The pulled pork sandwich was served on a homemade pretzel bun with fries and barbecue sauce. Having recently tried Pork Buns at David Chang’s Momofuku in New York (multiple James Beard Awards), we wanted to see how Keith’s version would hold up. Keith’s food often has an Asian flair, but barbeque in North Carolina is an institution that is seldom altered. Chef Rhode’s presentation was very nice and the pork was flavorful. It was essentially what you expect when you eat North Carolina barbecue. It was high quality, but not as finely chopped as you would typically expect. There were a couple of problems with this dish. First, the pretzel bun did not taste like it was freshly made. It was almost certainly made a day or two prior, and judging by how tough it was to bite off, it may have been microwaved. The fries tasted and looked like Criss-cut fries from the freezer section of any grocery store. The slaw was light and delicious. There was a Texas style barbecue sauce served on the side. This was a clever move. This will satisfy the many vacationing non-Eastern North Carolina barbecue patrons. On the flip side, had this sauce been actually served on the sandwich, native foodies would have considered it a travesty. Thus, Chef succeeded in pleasing all kinds of barbecue aficionados. To those who do not live in a barbecue region, let me warn you before you travel to a barbecue area- add it to your list of topics not to discuss (Religion, Politics, and Barbecue). On the whole, the dish was a strong effort to breathe life into a familiar dish.

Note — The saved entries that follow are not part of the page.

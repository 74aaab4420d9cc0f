-- ===== src/Wal/RoundTrip.antt =====
-- WriteWALEntry of storage/store/wal_file.go: `UnmarshalBinary` after `Encode`.
use equinoxdb.Wal.Fields.{checked_then}
use equinoxdb.Wal.Reads.{unmarshal_writes}
use equinoxdb.Base.{zero, suc, ◌*◌, Option, append-nil, append_assoc, All-append}
use equinoxdb.Values.{boolean_value, float_value, integer_value, string_value, unsigned_value}
use equinoxdb.Wal.Fields.{reader, read_values-values_bytes}
use equinoxdb.Wal.Lengths.{length-values_bytes, length-all_fixed, length-key_bytes}
use equinoxdb.Wal.Reads.{put_values, unmarshal_loop}
use equinoxdb.Wal.Writes.{encode_sized}
use equinoxdb.Base.{ℕ, ◌^◌, ◌≤◌, ◌<◌, ◌≡◌, refl, sym, ap, ◌∙◌, false, ◌||◌, some, List, [], ◌∷◌}
use equinoxdb.Base.{◌++◌, arith, ltb, ◌==◌, le→ltb, length, All, length-append, take-append}
use equinoxdb.Base.{drop-append}
use equinoxdb.Bytes.{Bytes}
use equinoxdb.Values.{Value, size}
use equinoxdb.Wal.Fields.{AllLike, values_bytes, encode_values-values_bytes}
use equinoxdb.Wal.Lengths.{key_bytes, key_size-length}
use equinoxdb.Wal.Outcome.{Outcome, ok}
use equinoxdb.Wal.Reads.{read_sized, read_typed, read_key}
use equinoxdb.Wal.Sizes.{KeyValues, entry_type, marshal_size}
use equinoxdb.Wal.Writes.{encode_key, encode_keys, encode_writes}
use equinoxdb.Words.{be_bytes}
use equinoxdb.Wal.Outcome.{◌>>=◌}
use equinoxdb.Bytes.{equal}

-- The values of a key: some, of one type, in range; the key and the count fit their words.
abbrev pub IsEncodable : Bytes → List Value → Type 0
IsEncodable k [] = ⊥
IsEncodable k (v ∷ vs) =
    (length k < 2 ^ 16) × (length (v ∷ vs) < 2 ^ 32) × AllLike (entry_type v) (v ∷ vs)

-- The keys of a map are distinct from a key.
abbrev pub Apart : Bytes → KeyValues → Type 0
Apart k = All (λ e. equal k e.0 ≡ false)

-- A map whose keys are distinct and whose values can be encoded.
abbrev pub IsEntry : KeyValues → Type 0
IsEntry [] = Unit {0}
IsEntry ((k, vs) ∷ m) = IsEncodable k vs × Apart k m × IsEntry m

abbrev pub entry_bytes : KeyValues → List ℕ
entry_bytes [] = []
entry_bytes ((k, []) ∷ m) = entry_bytes m
entry_bytes ((k, v ∷ vs) ∷ m) = key_bytes k v vs ++ entry_bytes m

encode_keys-entry_bytes : (m : KeyValues) → IsEntry m → encode_keys m ≡ ok (entry_bytes m)
unfolding encode_keys encode_key
encode_keys-entry_bytes [] h = refl
encode_keys-entry_bytes ((k, []) ∷ m) h = absurd (h.0)
encode_keys-entry_bytes ((k, v ∷ vs) ∷ m) h =
    rw (encode_values-values_bytes (entry_type v) (v ∷ vs) h.0.2, encode_keys-entry_bytes m h.2)
      refl

marshal_size-entry_bytes :
    (m : KeyValues) → IsEntry m → marshal_size m ≡ some (length (entry_bytes m))
unfolding marshal_size
marshal_size-entry_bytes [] h = refl
marshal_size-entry_bytes ((k, []) ∷ m) h = absurd (h.0)
marshal_size-entry_bytes ((k, v ∷ vs) ∷ m) h =
    rw (key_size-length k v vs h.0.2, marshal_size-entry_bytes m h.2)
      (ap some (sym (length-append (key_bytes k v vs) (entry_bytes m))))

-- `Encode` of a map with encodable values neither fails nor panics, and writes exactly as many
-- bytes as `MarshalSize` counts.
pub encode_writes-entry_bytes :
    (m : KeyValues)
    → IsEntry m
    → (encode_writes m ≡ ok (entry_bytes m)) × (marshal_size m ≡ some (length (entry_bytes m)))
unfolding encode_writes encode_sized
encode_writes-entry_bytes [] h = (refl, marshal_size-entry_bytes [] h)
encode_writes-entry_bytes (e ∷ m) h =
    let size = marshal_size-entry_bytes (e ∷ m) h in
    (ap (λ (n : Option ℕ). encode_sized n (e ∷ m)) size ∙ encode_keys-entry_bytes (e ∷ m) h, size)

read_sized-values_bytes :
    (size : ℕ) (v : Value) (vs : List Value) (rest : List ℕ)
    → AllLike (entry_type v) vs
    → length (values_bytes vs) ≡ size * length vs
    → read_sized size (reader v) (length vs) (values_bytes vs ++ rest) ≡ ok (vs, rest)
unfolding read_sized
read_sized-values_bytes size v vs rest h e =
    let room : ltb (length (values_bytes vs ++ rest)) (size * length vs) ≡ false =
      le→ltb _ _ (omega (arith, length-append (values_bytes vs) rest, e)) in
    rw room (read_values-values_bytes v vs rest h)

-- The switch on the type reads the values back.
read_typed-values_bytes :
    (v : Value) (vs : List Value) (rest : List ℕ)
    → AllLike (entry_type v) vs
    → read_typed (entry_type v) (length vs) (values_bytes vs ++ rest) ≡ ok (vs, rest)
unfolding read_typed entry_type
read_typed-values_bytes (float_value t x) vs rest h =
    read_sized-values_bytes 16 (float_value t x) vs rest h (length-all_fixed 1 vs (omega arith) h)
read_typed-values_bytes (integer_value t x) vs rest h =
    read_sized-values_bytes 16 (integer_value t x) vs rest h (length-all_fixed 2 vs (omega arith) h)
read_typed-values_bytes (unsigned_value t x) vs rest h =
    read_sized-values_bytes 16 (unsigned_value t x) vs rest h
      (length-all_fixed 5 vs (omega arith) h)
read_typed-values_bytes (boolean_value t x) vs rest h =
    read_sized-values_bytes 9 (boolean_value t x) vs rest h (length-all_fixed 3 vs (omega arith) h)
read_typed-values_bytes (string_value t x) vs rest h =
    read_values-values_bytes (string_value t x) vs rest h

read_key-key_bytes :
    (len : ℕ) (k : Bytes) (v : Value) (vs : List Value) (rest : List ℕ)
    → IsEncodable k (v ∷ vs)
    → length (v ∷ vs) ≤ len
    → read_key len (entry_type v) (
        be_bytes 2 (length k)
        ++ (k ++ (be_bytes 4 (length (v ∷ vs)) ++ (values_bytes (v ∷ vs) ++ rest))))
      ≡ ok ((k, v ∷ vs), rest)
unfolding read_key
read_key-key_bytes len k v vs rest h enough =
    let n = length (v ∷ vs) in
    let tail = be_bytes 4 n ++ (values_bytes (v ∷ vs) ++ rest) in
    let room : ltb (length (k ++ tail)) (length k) ≡ false =
      le→ltb _ _ (omega (arith, length-append k tail)) in
    let count : (n == 0 || ltb len n) ≡ false = ground arith in
    checked_then 2 (length k) (k ++ tail) _ h.0
    ∙ rw (room, take-append k tail, drop-append k tail)
        (checked_then 4 n (values_bytes (v ∷ vs) ++ rest) _ h.1
          ∙ rw (count, read_typed-values_bytes v (v ∷ vs) rest h.2) refl)

put_values-Apart :
    (k : Bytes) (vs : List Value) (m : KeyValues)
    → All (λ e. equal e.0 k ≡ false) m
    → put_values k vs m ≡ m ++ ((k, vs) ∷ [])
unfolding put_values
put_values-Apart k vs [] h = refl
put_values-Apart k vs ((j, ws) ∷ m) h = rw (h.0) (ap (◌∷◌ (j, ws)) (put_values-Apart k vs m h.1))

-- No key of one map is in the other.
abbrev AllApart : KeyValues → KeyValues → Type 0
AllApart m [] = Unit {0}
AllApart m (e ∷ r) = All (λ d. equal d.0 e.0 ≡ false) m × AllApart m r

AllApart-append :
    (m r : KeyValues) (k : Bytes) (vs : List Value)
    → AllApart m r
    → Apart k r
    → AllApart (m ++ ((k, vs) ∷ [])) r
AllApart-append m [] k vs h a = tt
AllApart-append m (e ∷ r) k vs h a = (
  All-append (λ d. equal d.0 e.0 ≡ false) m ((k, vs) ∷ []) h.0 (a.0, tt),
  AllApart-append m r k vs h.1 a.1,
)

AllApart-nil : (r : KeyValues) → AllApart [] r
AllApart-nil [] = tt
AllApart-nil (e ∷ r) = (tt, AllApart-nil r)

-- A round of the outer loop.
unmarshal_round :
    (fuel len typ : ℕ) (m : KeyValues) (b rest : List ℕ) (k : Bytes) (vs : List Value)
    → read_key len typ b ≡ ok ((k, vs), rest)
    → unmarshal_loop (suc fuel) len m (typ ∷ b) ≡ unmarshal_loop fuel len (put_values k vs m) rest
unfolding unmarshal_loop
unmarshal_round fuel len typ m b rest k vs h =
    ap
      (λ (o : Outcome ((Bytes × List Value) × List ℕ)).
        o >>= λ r. unmarshal_loop fuel len (put_values r.0.0 r.0.1 m) r.1)
      h

regroup : (a b c d rest : List ℕ) → (a ++ (b ++ (c ++ d))) ++ rest ≡ a ++ (b ++ (c ++ (d ++ rest)))
regroup a b c d rest = simp append_assoc

unmarshal_loop-entry_bytes :
    (fuel len : ℕ) (m r : KeyValues)
    → IsEntry r
    → AllApart m r
    → length (entry_bytes r) < fuel
    → length (entry_bytes r) ≤ len
    → unmarshal_loop fuel len m (entry_bytes r) ≡ ok (m ++ r)
unfolding unmarshal_loop
unmarshal_loop-entry_bytes zero len m r h a f l = absurd (omega arith)
unmarshal_loop-entry_bytes (suc fuel) len m [] h a f l = ap ok (sym (append-nil m))
unmarshal_loop-entry_bytes (suc fuel) len m ((k, []) ∷ r) h a f l = absurd (h.0)
unmarshal_loop-entry_bytes (suc fuel) len m ((k, v ∷ vs) ∷ r) h a f l =
    let size = length-append (key_bytes k v vs) (entry_bytes r) in
    let first = length-key_bytes k v vs in
    let few = length-values_bytes (v ∷ vs) in
    let next =
      unmarshal_loop-entry_bytes fuel len (m ++ ((k, v ∷ vs) ∷ [])) r h.2
        (AllApart-append m r k (v ∷ vs) a.1 h.1) (omega (arith, size, first))
        (omega (arith, size)) in
    let tail =
      regroup (be_bytes 2 (length k)) k (be_bytes 4 (length (v ∷ vs))) (values_bytes (v ∷ vs))
        (entry_bytes r) in
    ap (λ (b : List ℕ). unmarshal_loop (suc fuel) len m (entry_type v ∷ b)) tail
    ∙ unmarshal_round fuel len (entry_type v) m _ (entry_bytes r) k (v ∷ vs)
        (read_key-key_bytes len k v vs (entry_bytes r) h.0 (omega (arith, size, first, few)))
    ∙ ap (λ (n : KeyValues). unmarshal_loop fuel len n (entry_bytes r))
        (put_values-Apart k (v ∷ vs) m a.0)
    ∙ next
    ∙ ap ok (append_assoc m ((k, v ∷ vs) ∷ []) r)

-- `Encode` of a map with distinct keys and encodable values neither fails nor panics; it writes as
-- many bytes as `MarshalSize` counts, and `UnmarshalBinary` reads the map back, key by key in the
-- order written.
pub unmarshal_writes-encode_writes :
    (m : KeyValues)
    → IsEntry m
    → (b : List ℕ) × (encode_writes m ≡ ok b)
      × (marshal_size m ≡ some (length b))
      × (unmarshal_writes [] b ≡ ok m)
unfolding unmarshal_writes
unmarshal_writes-encode_writes m h =
    let b = entry_bytes m in
    let (done, size) = encode_writes-entry_bytes m h in
    (
      b,
      done,
      size,
      unmarshal_loop-entry_bytes (suc (length b)) (length b) [] m h (AllApart-nil m) (omega arith)
          (omega arith),
    )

Overall, the meal was good but still not up to par with the initial Catch. We are optimistic that as time passes, the new Catch will continue to improve and offer a dining experience similar to that which Catch fans have come to expect. Chef Rhodes is currently renovating the old Catch which will again be open for lunch. Although hopeful, I have concerns that with obligations to the new restaurant, the “old” Catch will not have the magic prior to the move. As old fans of Keith Rhodes, we very much hope to see him succeed. When he is not stretched thin, his food is worthy of a James Beard Award.
NOTE: Keith Rhodes will be a contestant on the new season of Top Chef which airs on Bravo TV, Wednesdays at 10pm (EST). The season’s first episode is on November 2, 2011, and there will be a viewing party at Catch to watch Episode #1.